The entire department recently trained to be ready for any electric vehicle fire.

"The problem with EV batteries is they put off really toxic gases, so we've got to be careful with that,” said Phippen. “Also, they produce high levels of heat, heat that we haven't dealt with in the past."

Towing companies News On 6 talked to said they have not had to store an electric vehicle yet, but they expect to eventually.

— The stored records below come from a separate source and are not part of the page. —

-- ===== src/Reconcile/Corroborate.antt =====
-- workflows/reconcile/src/reconcile.ts: `corroborateCanonicalSpend`, the second endpoint's word
-- before a conflict becomes final. The messages of errors are left out.
pub mod Endpoints
use cell_flow.Prelude.{
  ℕ, Bool, true, false, List, [], ◌∷◌, ◌++◌, Option, none, some, String, if◌then◌else◌, ◌==◌,
  string_eq, leb, nat_beq, length,
}
use cell_flow.Core.Types.{InputRef}
use cell_flow.Core.Errors.{Result, ok, err}
use cell_flow.Rpc.Inspect.{InputInspectionState, InputInspection}
use cell_flow.Rpc.Observe.{Identity}
use cell_flow.Rpc.Client.{Client, includes, inspect_input_out_points_at}

pub data CorroborationState : Type 0 where
  inspected : InputInspectionState → CorroborationState
  rpc_unavailable : CorroborationState

pub record CorroborationObservation : Type 0 where
  pub endpoint : String
  pub state : CorroborationState
  pub observed_at : Option String

pub record Corroboration : Type 0 where
  pub confirmed : Bool
  pub required_endpoints : ℕ
  pub observations : List CorroborationObservation

-- `[...new Set(endpoints)]`, the endpoints in the order of their first places.
distinct_after : List String → List String → List String
distinct_after seen [] = []
distinct_after seen (u ∷ us) =
    let kept = distinct_after seen us in
    let rest = distinct_after (u ∷ seen) us in if includes seen u then kept else u ∷ rest

unfoldable pub distinct : List String → List String
unfolding distinct_after
distinct us = distinct_after [] us

abbrev pub is_canonically_spent : InputInspectionState → Bool
is_canonically_spent InputInspectionState.canonically_spent = true
is_canonically_spent _ = false

observation_of : String → InputInspection → CorroborationObservation
observation_of endpoint i = record {
  endpoint = endpoint;
  state = inspected i.state;
  observed_at = some i.observed_at;
}

-- One pass of the loop, `rest` being what the later endpoints give from the observations so far.
ask :
    Result InputInspection
    → String
    → List CorroborationObservation
    → (List CorroborationObservation → Corroboration)
    → Corroboration
unfolding observation_of
ask (err e) endpoint seen rest =
    rest
      (seen ++ (record { endpoint = endpoint; state = rpc_unavailable; observed_at = none } ∷ []))
ask (ok secondary) endpoint seen rest =
    if is_canonically_spent secondary.state
    then record {
      confirmed = true;
      required_endpoints = 2;
      observations = seen ++ (observation_of endpoint secondary ∷ []);
    }
    else rest (seen ++ (observation_of endpoint secondary ∷ []))

unfoldable pub ask_each :
    (String → Result InputInspection)
    → String
    → List String
    → List CorroborationObservation
    → Corroboration
unfolding ask
ask_each inspect_at primary [] seen = record {
  confirmed = false;
  required_endpoints = 2;
  observations = seen;
}
ask_each inspect_at primary (u ∷ us) seen =
    let rest = ask_each inspect_at primary us in
    if u == primary then rest seen else ask (inspect_at u) u seen rest

unfoldable pub corroborate_canonical_spend :
    Client → String → InputInspection → List String → List InputRef → Identity → Corroboration
unfolding observation_of
corroborate_canonical_spend c now primary configured inputs identity =
    let first = observation_of primary.endpoint primary ∷ [] in
    if leb 2 (length (distinct configured))
    then ask_each (λ u. inspect_input_out_points_at c now u inputs identity) primary.endpoint
        (distinct configured) first
    else record {
      confirmed = is_canonically_spent primary.state;
      required_endpoints = 1;
      observations = first;
    }
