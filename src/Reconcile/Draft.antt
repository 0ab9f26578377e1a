-- ===== src/Reconcile/Draft.antt =====
-- workflows/reconcile/src/reconcile.ts: the part of `reconcileIntentOnce` that follows the
-- observation up to the expected Cells: the draft of the next snapshot, event and conflict.
-- What is outside the model is in the context: the fingerprint of a signed payload, the reading and
-- writing of times, and the documents in which evidence is stored.
use cell_flow.Prelude.{
  ℕ, Bool, ◌&&◌, List, Option, none, some, String, if◌then◌else◌, ◌==◌, string_eq, is_some,
}
use cell_flow.Json.{Json, null, text, obj, end, field, nullable_text}
use cell_flow.Core.Status.{
  SubmissionStatus, WorkflowStatus, ConflictDomain, ConflictType, submission_eq,
}
use cell_flow.Core.Types.{
  InputRef, ConfirmationPolicy, ExecutionSnapshot, ObservedStatus, ChainObservation, EventKind,
  ApplyObservationResult,
}
use cell_flow.Core.Errors.{Result, ok, ◌>>=◌}
use cell_flow.Core.Settlement.{truthy}
use cell_flow.Core.Observation.{
  differs, shows_transaction, set_workflow_status, supersede_node_rejection,
}
use cell_flow.Assertions.{AssertionResult}
use cell_flow.Rpc.Session.{RpcTransactionResult}
use cell_flow.Rpc.Inspect.{InputObservation}
use cell_flow.Rpc.Observe.{Identity}
use cell_flow.Rpc.Client.{Client}
use cell_flow.Reconcile.Corroborate.{Corroboration}
use cell_flow.Store.Rows.{ExecutionRecord, TransactionAttemptRecord, IntentAggregate}

pub record Context : Type 0 where
  pub client : Client
  pub endpoints : List String
  pub identity : Identity
  pub inputs : List InputRef
  pub now : String
  pub now_ms : ℕ
  pub grace_ms : ℕ
  pub horizon_ms : ℕ
  pub parse_ms : String → Option ℕ
  pub to_iso : ℕ → String
  pub fingerprint : Json → Option String
  pub stored_inputs : List InputObservation → Json
  pub stored_results : List AssertionResult → Json
  pub stored_corroboration : Corroboration → Json
  pub stored_raw : ChainObservation → Json
  pub stored_policy : ConfirmationPolicy → Json

pub record Draft : Type 0 where
  pub snapshot : ExecutionSnapshot
  pub event_kind : String
  pub reason : Option String
  pub conflict_type : Option ConflictType
  pub conflict_details : Json

abbrev pub kind_text : EventKind → String
kind_text EventKind.chain_observed = "CHAIN_OBSERVED"
kind_text EventKind.reorg_detected = "REORG_DETECTED"
kind_text EventKind.confirmed = "CONFIRMED"

abbrev pub domain_text : ConflictDomain → String
domain_text ConflictDomain.application = "APPLICATION"
domain_text ConflictDomain.wallet = "WALLET"
domain_text ConflictDomain.mixed = "MIXED"
domain_text ConflictDomain.unknown = "UNKNOWN"

unfoldable pub rejection_superseded : ExecutionRecord → ObservedStatus → Bool
rejection_superseded e status =
    e.submission_status == SubmissionStatus.node_rejected && shows_transaction status

-- The draft before the observation's evidence is looked at.
unfoldable pub first_draft : ExecutionRecord → ChainObservation → ApplyObservationResult → Draft
first_draft e o applied = record {
  snapshot =
      if rejection_superseded e o.status
      then supersede_node_rejection applied.snapshot o.status
      else applied.snapshot;
  event_kind = kind_text applied.event.kind;
  reason = applied.event.reason;
  conflict_type = e.conflict_type;
  conflict_details = e.conflict_details;
}

abbrev pub attempt_hash : Option TransactionAttemptRecord → Option String
attempt_hash none = none
attempt_hash (some a) = a.signed_payload_hash_sha256

abbrev pub transaction_document : Option RpcTransactionResult → Option Json
transaction_document none = none
transaction_document (some r) = if is_some r.transaction then some r.document else none

unfoldable pub observed_fingerprint : Context → Option Json → Option String
observed_fingerprint x none = none
observed_fingerprint x (some document) = x.fingerprint document

-- `signedPayloadMismatch`, from the two fingerprints.
unfoldable pub payload_mismatch :
    Context → IntentAggregate → ObservedStatus → Option RpcTransactionResult → Bool
unfolding observed_fingerprint
payload_mismatch x g status r =
    let found = observed_fingerprint x (transaction_document r) in
    truthy (attempt_hash g.active_attempt)
    && shows_transaction status
    && truthy found
    && differs found (attempt_hash g.active_attempt)

-- The endpoint stands in the observation too.
mismatch_details : Context → IntentAggregate → ChainObservation → Option RpcTransactionResult → Json
unfolding observed_fingerprint
mismatch_details x g o r = obj (
    field "source" (text "reconciliation") (
      field "classification" (text "SIGNED_PAYLOAD_MISMATCH") (
        field "txHash" (nullable_text g.execution.tx_hash) (
          field "expectedSignedPayloadHashSha256" (nullable_text (attempt_hash g.active_attempt)) (
            field "observedSignedPayloadHashSha256"
              (nullable_text (observed_fingerprint x (transaction_document r)))
              (field "rpcEndpoint" (nullable_text o.rpc_endpoint)
                (field "observedAt" (text o.observed_at) end)))))))

unfoldable pub mismatch_draft :
    Context
    → IntentAggregate
    → ChainObservation
    → Option RpcTransactionResult
    → Draft
    → Result Draft
unfolding mismatch_details
mismatch_draft x g o r d = do
  s ← set_workflow_status d.snapshot WorkflowStatus.conflicted
  ok (record d {
    snapshot = s;
    event_kind = "SIGNED_PAYLOAD_MISMATCH";
    reason =
        some
          "CKB RPC returned the expected raw transaction hash but a different complete signed-payload fingerprint";
    conflict_type = some ConflictType.signed_payload_mismatch;
    conflict_details = mismatch_details x g o r;
  })

-- The exact transaction is seen.
unfoldable pub found_draft : ExecutionRecord → ObservedStatus → Draft → Draft
found_draft e status d =
    if rejection_superseded e status
    then record d {
      conflict_type = none;
      conflict_details = null;
      event_kind = "SUBMISSION_REJECTION_SUPERSEDED";
      reason =
          some
            "A later direct chain observation proved that the exact transaction exists; earlier node rejection evidence was superseded";
    }
    else record d { conflict_type = none; conflict_details = null }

"If it's wrecked, you're going to want to cut the battery cables if the fire department don't do it because there's been some cases where they do catch on fire whenever you get them back here to the yard as well, and if they're around other people or inside of a building, that building's going up with it,” said Cameron Haughey with Morgan Towing and Recovery.

Haughey said he has been seeing more Teslas on the road and anticipating electric semis.

His business and others have been trained on how to tow and store electric vehicles.

For example, Four A Wrecker Service in Oklahoma City has a set-up with cement blocks to be ready for any possible electric vehicle fire in its yard.

The Tulsa Fire Department recommends being careful of overcharging batteries and reminds everyone to unplug anything you're not using.